Modular function of the unipotent radical of a parabolic subgroup of a reductive group Let $G = \text{GL}_n(\mathbb{R})$. For a partition $\underline{n} = (n_1,\ldots,n_t)$ of $n$, let $P = P_{\underline{n}}$ denote the standard, block-upper-triangular parabolic subgroup of $G$ associated to $P_{\underline{n}}$. Let $U_P$ denote the unipotent radical of $P$, i.e., the group
$$
\begin{pmatrix}
U_{1,1} & X_{1,2}       & X_{1,3} & \cdots & X_{1,t} \\
        & U_{2,2}       & X_{2,3} & \cdots & X_{2,t} \\
        &               & \vdots  & \vdots & \vdots  \\
        &               &         &        & U_{t,t}
\end{pmatrix}
$$
where $U_{i,i}$ is the $n_i\times n_i$ identity matrix for each $i$, and the $X_{i,j}$ are $n_i \times n_j$ blocks.
I'm working through a set of notes on automorphic representation theory and am currently reading a section in which the author utilizes the modular function $\delta_P$ of $U_P$ (i.e., the modular function for a Haar measure on $U_P$). (He's actually working adelically (as opposed to working over $\mathbb{R}$, but that shouldn't really matter here.) If $M$ denotes the Levi subgroup of $P$ ($M \cong \text{GL}_{n_1}\times\cdot\times\text{GL}_{n_t}$), then for $m \in M$ the derivation
$$
\delta_P(m) = |\det(\text{Ad}(m)|_{\mathfrak{u}_P})| = \prod_{s=1,\ldots,t}|\det(m_s)|^{-\sum_{i < s}n_i + \sum_{j > s}n_j}
$$
appears at one point in the text where $\mathfrak{u}_P = \text{Lie}(U_P)$, and for whatever reason I'm not seeing why the second equality holds. (I'm aware of how to derive the first.)

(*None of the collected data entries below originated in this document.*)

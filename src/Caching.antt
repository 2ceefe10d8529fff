-- ===== src/Caching.antt =====
-- The cache in front of a block store, src/blockstore/implementations/caching.
pub mod Queue
pub mod Cache
pub mod Store
pub mod Coherent
pub mod Pushing
pub mod Refinement
pub mod Storing
pub mod Removing
pub mod Creating
pub mod Flushing
pub mod QueueMap
pub mod Chain
pub mod Unchain
pub mod QueueRefinement
pub mod Links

So my question is: How does one show that either $\delta_P(m)$ or $|\det(\text{Ad}(m)|_{U_P})|$ equals the product on the RHS? The problem for me seems to be my lack of knowledge about the algebraic structure of $\mathfrak{u}_P$ here, which limits my options regarding how to compute the determinant of $\text{Ad}(m)|_{\mathfrak{u}_P}$.
I have a feeling that I'm missing something obvious here. Feel free to just provide references, since I couldn't find one!

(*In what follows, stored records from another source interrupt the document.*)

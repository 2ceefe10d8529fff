-- ===== src/Caching/Queue.antt =====
-- What the cache uses of `QueueMap` (src/blockstore/implementations/caching/cache/QueueMap.h), as an
-- interface: the operations, and the list of entries in the order of the queue that they act on.
use libcryfs.Common.{ℕ, ◌%◌, ◌^◌, ◌≡◌, Option, none, some, [], ◌∷◌, ◌++◌, length}
use libcryfs.Common.Equality.{Eq}
use libcryfs.Common.Result.{Result, ok}
use libcryfs.Common.Assoc.{Assoc, find, erase}

pub record QueueOps (K V : Type 0) : Type 1 where
  pub State : Type 0
  pub new : State
  pub push : K → V → State → Result State
  pub pop : K → State → Option V × State
  pub pop_first : State → Option V × State
  pub peek_key : State → Option K
  pub peek : State → Option V
  pub size : State → ℕ

module _ {K V : Type 0} where
  abbrev pub first_key : Assoc K V → Option K
  first_key [] = none
  first_key ((k, v) ∷ l) = some k

  abbrev pub first_value : Assoc K V → Option V
  first_value [] = none
  first_value ((k, v) ∷ l) = some v

  abbrev pub tail : Assoc K V → Assoc K V
  tail [] = []
  tail (entry ∷ l) = l

pub record IsQueue {K V : Type 0} ⦃e : Eq K⦄ (Q : QueueOps K V)
    (Holds : Q.State → Assoc K V → Type 0) : Type 0 where
  pub new_lem : Holds Q.new []
  pub push_lem :
      (k : K) (v : V) (q : Q.State) (l : Assoc K V)
      → Holds q l
      → find k l ≡ none
      → (r : Q.State) × (Q.push k v q ≡ ok r) × Holds r (l ++ (k, v) ∷ [])
  pub pop_lem :
      (k : K) (q : Q.State) (l : Assoc K V)
      → Holds q l
      → (r : Q.State) × (Q.pop k q ≡ (find k l, r)) × Holds r (erase k l)
  pub pop_first_lem :
      (q : Q.State) (l : Assoc K V)
      → Holds q l
      → (r : Q.State) × (Q.pop_first q ≡ (first_value l, r)) × Holds r (tail l)
  pub peek_key_lem : (q : Q.State) (l : Assoc K V) → Holds q l → Q.peek_key q ≡ first_key l
  pub peek_lem : (q : Q.State) (l : Assoc K V) → Holds q l → Q.peek q ≡ first_value l
  pub size_lem : (q : Q.State) (l : Assoc K V) → Holds q l → Q.size q ≡ length l % 2 ^ 32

Edit: Corrected a couple errors.
 A: First, there should be 2 corrections in your post: (1) the $U_{i,i}$ should be the identity, not just unipotent; (2) the $\det(m)$ in the right side of the displayed formula should be $\det(m_s)$, where $m_s$ is the $s$th block of the Levi subgroup.

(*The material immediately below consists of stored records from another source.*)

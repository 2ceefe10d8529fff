-- ===== src/Caching/Cache.antt =====
-- `Cache` (src/blockstore/implementations/caching/cache/Cache.h) and `CacheEntry`. A value that leaves
-- the cache is destructed, which changes the world outside: `destruct` is that effect. The locks are
-- not modelled: an operation is one step. So is the thread that purges old entries: `purge` is what
-- one of its rounds does, with the test of the age as an argument.
use libcryfs.Common.{
  ℕ, zero, suc, Bool, true, false, ◌&&◌, Option, none, some, ltb, leb, if◌then◌else◌,
}
use libcryfs.Common.Equality.{◌==◌, nat_eq}
use libcryfs.Common.Result.{Result, ok, err, guard, assert_failed, ◌>>=◌, ◌>>◌}
use libcryfs.Caching.Queue.{QueueOps}

pub record CacheEntry (V : Type 0) : Type 0 where
  pub last_access : ℕ
  pub value : V

module _ {K V : Type 0} (Q : QueueOps K (CacheEntry V)) where
  unfoldable pub pop : K → Q.State → Option V × Q.State
  pop key q =
      let (found, q') = Q.pop key q in
      (elim found [ none ↦ none | some entry ↦ some entry.value ], q')

module _ {K V W : Type 0} (Q : QueueOps K (CacheEntry V)) (destruct : V → W → Result W)
    (max_entries : ℕ) where
  -- `_deleteEntry`
  unfoldable pub delete_entry : Q.State → W → Result (Q.State × W)
  delete_entry q w = elim (Q.peek_key q) [
    | none ↦ err assert_failed
    | some key ↦
        (let (popped, q') = Q.pop_first q in
          elim popped [
            | none ↦ ok (q', w)
            | some entry ↦ do w' ← destruct entry.value w; ok (q', w')
          ])
  ]

  -- The loop of `_makeSpaceForEntry` and the assertion behind it. Nothing is pushed in between, so
  -- that one round is enough.
  unfoldable pub make_space : ℕ → Q.State → W → Result (Q.State × W)
  make_space zero q w = do guard (ltb (Q.size q) max_entries) assert_failed; ok (q, w)
  make_space (suc rounds) q w = elim (Q.size q == max_entries) [
    | false ↦ do guard (ltb (Q.size q) max_entries) assert_failed; ok (q, w)
    | true ↦ do (q', w') ← delete_entry q w; make_space rounds q' w'
  ]

  unfoldable pub push : ℕ → K → V → Q.State → W → Result (Q.State × W)
  push now key value q w = do
    guard (leb (Q.size q) max_entries) assert_failed
    (q', w') ← make_space 1 q w
    q'' ← Q.push key (record { last_access = now; value = value }) q'
    ok (q'', w')

  -- `_deleteMatchingEntryAtBeginning`: whether an entry was deleted.
  unfoldable pub delete_matching_entry :
      (CacheEntry V → Bool) → Q.State → W → Result (Bool × Q.State × W)
  delete_matching_entry matches q w =
      if ltb 0 (Q.size q) && elim (Q.peek q) [ none ↦ false | some entry ↦ matches entry ]
      then (do (q', w') ← delete_entry q w; ok (true, q', w'))
      else ok (false, q, w)

  -- `_deleteMatchingEntriesAtBeginning`, with the entries that are left to look at.
  unfoldable pub delete_matching_entries :
      (CacheEntry V → Bool) → ℕ → Q.State → W → Result (Q.State × W)
  delete_matching_entries matches zero q w = ok (q, w)
  delete_matching_entries matches (suc n) q w = do
    (deleted, q', w') ← delete_matching_entry matches q w
    elim deleted [ false ↦ ok (q', w') | true ↦ delete_matching_entries matches n q' w' ]

  -- `_deleteOldEntriesParallel`, with the test of the age.
  unfoldable pub purge : (ℕ → Bool) → Q.State → W → Result (Q.State × W)
  purge is_old q w = delete_matching_entries (λ entry. is_old entry.last_access) (Q.size q) q w

  -- `_deleteAllEntriesParallel`
  unfoldable pub flush : Q.State → W → Result (Q.State × W)
  flush q w = delete_matching_entries (λ entry. true) (Q.size q) q w

  -- The destructor.
  unfoldable pub destroy : Q.State → W → Result W
  destroy q w = do (q', w') ← flush q w; guard (Q.size q' == 0) assert_failed; ok w'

The matrices of the Lie algebra $\mathfrak{u}_P$ look just like those of the Lie group $U_P$ except that the $U_{i,i}$ are 0 instead of the identity.
First let's do the case where all the $n_i = 1$.  Then $U_P$ consist of the upper triangular unipotent matrices, the Lie algebra $\mathfrak{u}_P$ consists of the strictly upper triangular matrices (diagonal=0), and the Levi subgroup $M$ is the set of all nonsingular diagonal matrices.  We are looking for the determimant of the linear transformation $u \mapsto mum^{-1}$ where $u \in \mathfrak{u}_P$.  If $m$ has diagonal entries $m_1, \ldots m_n$, then each unit matrix $e_{i,j} \in \mathfrak{u}_P$ with $i<j$ is an eigenvector with eigenvalue $m_i m_j^{-1}$.  Multiplying all these eigenvalues together gives you the desired formula (with the correction I mentioned above).
In the general case, each $m_i$ will be an $n_i \times n_i$ matrix instead of just a scalar.  If we restrict $Ad(m)$ to the subspace $E_{i,j}$ of $\mathfrak{u}_P$ where all the $X$ blocks other than $X_{i,j}$ are zero, then we are looking at the linear transformation from $M_{n_i \times n_j}(\mathbb{R})$ to itself given by $T_{i,j} : x \mapsto m_i x m_j^{-1}$.  For each pair of eigenvalues $\lambda$ for $m_i$ and $\mu$ for $m_j$, we get an eigenvalue $\lambda \mu^{-1}$ for $T_{i,j}$.  Thus the determinant of $T_{i,j}$ is $\det (m_i)^{n_j} \det(m_j)^{-n_i}$.  Multiplying these together (and remembering that $i<j$), we get the desired result.